I am trying to setup access lists on my switch and I keep making mistakes and now I am even more confused now than ever. Here is what I have and what I am trying to protect.

Internal Network - 10.0.0.0/18 (10.0.0.0 - 10.0.63.255)

DHCP from Cisco 3550 DHCP pool addresses - 172.0.0.0/23

My Cisco asa will sit on the network at 10.0.13.2 (VLAN13)

I want to deny traffic from 172.0.0.0/23 to everything on the internal network except the 10.0.13.2 address

I want to also deny all traffic from the internal network out to the 172.x.x.x network.

Here is what I currently have

access-list 198 deny ip any 172.0.0.0 0.0.7.255

access-list 198 permit ip any any

access-list 199 deny ip any 10.0.12.0 0.0.0.255

access-list 199 deny ip 10.0.14.0 0.0.0.255 10.0.63.0 0.0.0.255

access-list 199 permit ip any any

Then on my vlans I have

Inside access VLAN 4

ip helper address 10.x.x.x

access-group 198 in

Outside Access VLAN 6

access-group 199 in

From the 10.x.x.x address space I cannot ping the 172.x.x.x address space, however I can ping from the 172.x.x.x into the 10.x.x.x address space.

Any help would be much apprecaited. Thanks!

Message was edited by: Chris Whiteley

19 Replies 19

So just so I am clear...on the actual trunk port itself, use the access list?

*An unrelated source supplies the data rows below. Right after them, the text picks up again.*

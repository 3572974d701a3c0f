-- ===== src/Fs/Vfs/Lookup.antt =====
-- A file that `vfs_create_file` returns is the one that `vfs_lookup` then finds at its path.
use mira_os.Base.{
  ℕ, zero, suc, ◌+◌, ◌≤◌, ◌≡◌, ◌≢◌, inl, inr, refl, true, ◌==◌, Option, some, List, [], ◌∷◌, length,
  arith, Bool-cases, Option-cases,
}
use mira_os.Fs.Node.{Node, Supply}
use mira_os.Fs.Vfs.{
  Vfs, next_component, skip_slash, is_empty, vfs_find_child, zero_node, create_child, create_loop,
  vfs_create_file, lookup_loop, vfs_lookup, is_root_path,
}
use mira_os.Fs.Vfs.Path.{name-vfs_set_name}
use mira_os.Fs.Vfs.Create.{Fresh, Stable, Stable-self, create_child_lem}

-- What the walk along a path by `vfs_create_file` leaves: nothing that could be found is lost, and
-- `vfs_lookup` walks to the same node.
Walked : ℕ → ℕ → (ℕ → Option Node) → (ℕ → Option Node) → ℕ → List ℕ → ℕ → Type 0
Walked rounds f nodes nodes' cur path q =
    Stable rounds nodes nodes'
    × ((big : ℕ) → f + rounds ≤ big → lookup_loop rounds big nodes' cur path ≡ some q)

Stable-trans : (k : ℕ) (a b c : ℕ → Option Node) → Stable 1 a b → Stable k b c → Stable (suc k) a c
Stable-trans k a b c s t g big dir d name ne le h =
    t (g + 1) big dir d name ne (omega arith) (s g (g + 1) dir d name ne (omega arith) h)

Stable-suc : (k : ℕ) (a b : ℕ → Option Node) → Stable k a b → Stable (suc k) a b
Stable-suc k a b s g big dir d name ne le h = s g big dir d name ne (omega arith) h

create_loop_lem :
    (rounds f cur q : ℕ) (nodes nodes' : ℕ → Option Node) (path content : List ℕ) (size : ℕ)
    (supply left : Supply)
    → Fresh nodes supply
    → create_loop rounds f nodes cur path content size supply ≡ some (q, nodes', left)
    → q ≢ 0
    → Walked rounds f nodes nodes' cur path q
unfolding create_loop lookup_loop Walked
create_loop_lem zero f cur q nodes nodes' [] content size supply left fresh h ne =
    let same : nodes ≡ nodes' = cc in
    let at : cur ≡ q = cc in (rw (← same) (Stable-self zero nodes), λ big le. rw at)
create_loop_lem (suc rounds) f cur q nodes nodes' [] content size supply left fresh h ne =
    let same : nodes ≡ nodes' = cc in
    let at : cur ≡ q = cc in (rw (← same) (Stable-self (suc rounds) nodes), λ big le. rw at)
create_loop_lem zero f cur q nodes nodes' (c ∷ p) content size supply left fresh h ne = absurd (cc)
create_loop_lem (suc rounds) f cur q nodes nodes' (c ∷ p) content size supply left fresh h ne =
    let buf = (next_component (c ∷ p)).0 in
    let rest = (next_component (c ∷ p)).1 in
    elim (Bool-cases (is_empty buf)) [
      | inl e ↦
          let (s, l) =
            create_loop_lem rounds f cur q nodes nodes' rest content size supply left fresh
              (ground arith) ne in
          (Stable-suc rounds nodes nodes' s, λ big le. ground (arith, l big (omega arith)))
      | inr e ↦ elim (Option-cases (vfs_find_child f nodes cur buf)) [
        | inl e' ↦ absurd (ground arith)
        | inr (child, e') ↦ elim (Bool-cases (child == 0)) [
          | inr z ↦
              let (s, l) =
                create_loop_lem rounds f child q nodes nodes' rest content size supply left fresh
                  (ground arith) ne in
              (
                Stable-suc rounds nodes nodes' s,
                λ big le. ground (
                  arith,
                  l big (omega arith),
                  s f big cur child buf (ground arith) (omega arith) e',
                ),
              )
          | inl z ↦ elim (Option-cases (create_child nodes cur buf rest content size supply)) [
            | inl e'' ↦ absurd (ground arith)
            | inr ((q1, nodes1, left1), made) ↦ elim (Bool-cases (q1 == 0)) [
              | inl z1 ↦ absurd (ground arith)
              | inr z1 ↦
                  let absent : vfs_find_child f nodes cur buf ≡ some 0 = ground arith in
                  let nz : q1 ≢ 0 = ground arith in
                  let (s1, at1, fresh1) =
                    create_child_lem f cur q1 nodes nodes1 buf rest content size supply left1
                      (name-vfs_set_name zero_node (c ∷ p)) fresh absent made nz in
                  let (s, l) =
                    create_loop_lem rounds f q1 q nodes1 nodes' rest content size left1 left fresh1
                      (ground arith) ne in
                  (
                    Stable-trans rounds nodes nodes1 nodes' s1 s,
                    λ big le.
                        ground
                          (arith, l big (omega arith), s f big cur q1 buf nz (omega arith) at1),
                  )
            ]
          ]
        ]
      ]
    ]

root_path : (path : List ℕ) → is_root_path path ≡ true → skip_slash path ≡ []
unfolding is_root_path skip_slash
root_path [] h = refl
root_path (c ∷ []) h = ground arith
root_path (c ∷ d ∷ p) h = absurd (ground arith)

lookup_loop-nil :
    (rounds f : ℕ) (nodes : ℕ → Option Node) (cur : ℕ)
    → lookup_loop rounds f nodes cur [] ≡ some cur
unfolding lookup_loop
lookup_loop-nil zero f nodes cur = refl
lookup_loop-nil (suc rounds) f nodes cur = refl

-- The end of `vfs_lookup`, from the walk that its loop makes.
vfs_lookup_of_walk :
    (big p : ℕ) (t : Vfs) (path : List ℕ)
    → t.root_node ≢ 0
    → lookup_loop (length path) big t.nodes t.root_node (skip_slash path) ≡ some p
    → vfs_lookup big t (some path) ≡ some p
unfolding vfs_lookup
vfs_lookup_of_walk big p t path root walk = elim (Bool-cases (is_root_path path)) [
  | inl e ↦
      let here = rw (root_path path e) at walk in
      ground (arith, here, lookup_loop-nil (length path) big t.nodes t.root_node)
  | inr e ↦ ground arith
]

-- After `vfs_create_file` has returned a node, be it new or found, `vfs_lookup` of the same path returns
-- this node, given fuel for the siblings that there were and one for each character of the path; the
-- root is there, and `kmalloc` hands out fresh places.
pub vfs_lookup-create_file :
    (f big q : ℕ) (s s' : Vfs) (path content : List ℕ) (size : ℕ)
    → Fresh s.nodes s.supply
    → s.root_node ≢ 0
    → vfs_create_file f s path content size ≡ some (q, s')
    → q ≢ 0
    → f + length path ≤ big
    → vfs_lookup big s' (some path) ≡ some q
unfolding vfs_create_file Walked
vfs_lookup-create_file f big q s s' path content size fresh root h ne le =
    elim (Option-cases
      (create_loop (length path) f s.nodes s.root_node (skip_slash path) content size s.supply)) [
        | inl e ↦ absurd (ground arith)
        | inr ((p, nodes, left), e) ↦
            let same : q ≡ p = ground arith in
            let state : s' ≡ record s { nodes = nodes; supply = left } = cc in
            let (st, l) =
              create_loop_lem (length path) f s.root_node p s.nodes nodes (skip_slash path) content
                size s.supply left fresh e (ground arith) in
            rw (state, same)
              (vfs_lookup_of_walk big p (record s { nodes = nodes; supply = left }) path root
                (l big le))
      ]
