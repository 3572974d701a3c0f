-- ===== src/Kernel.antt =====
-- kernel/: physical pages, the heap, processes and the scheduler, executables, system calls.
pub mod Words
pub mod Loader
pub mod Heap
pub mod Pmm
pub mod Process
pub mod Scheduler
pub mod Syscall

Yes... You are correct....

By

Karthik

Your SVI shouldn't ping from any of internal VLAN's.

As any packet coming from 172.x network will go from VLAN480 where access-list will drop the packet before routing.

You can do onething, by 'show ip access-list 198' command, we can check, which statement ping is matching, or its not maching, by seeing no of times statement has been matched.

Based on that evluation, we can conclude something.

It returned about 24,000 results on the access list 198

For each statement in your access-list 198, it will some match statement. For example,

1. ip access-list 198 permit ip 172.0.0.0 0.0.1.255 host 10.0.13.2 (match 150)

2. ip access-list 198 deny ip 172.0.0.0 0.0.1.255 10.0.0.0 0.0.63.255 (match 200)

3. ip access-list 198 permit ip any any (match 500)

So, for above we can see that by 150 packets were forwarded matching statement 1, 200 dropped matching statement 2 and 500 packet forwared matching statement 3.

Noting down these initial count, again ping from 172.x network to any 10.x network. After that again see the match counts, if none of the count is increasing, means packet is not coming to this interface and is being forwarded from somewhere else, also if some counter is increased you can see by which statement it is being forwared or why it is not matching our statement number 2.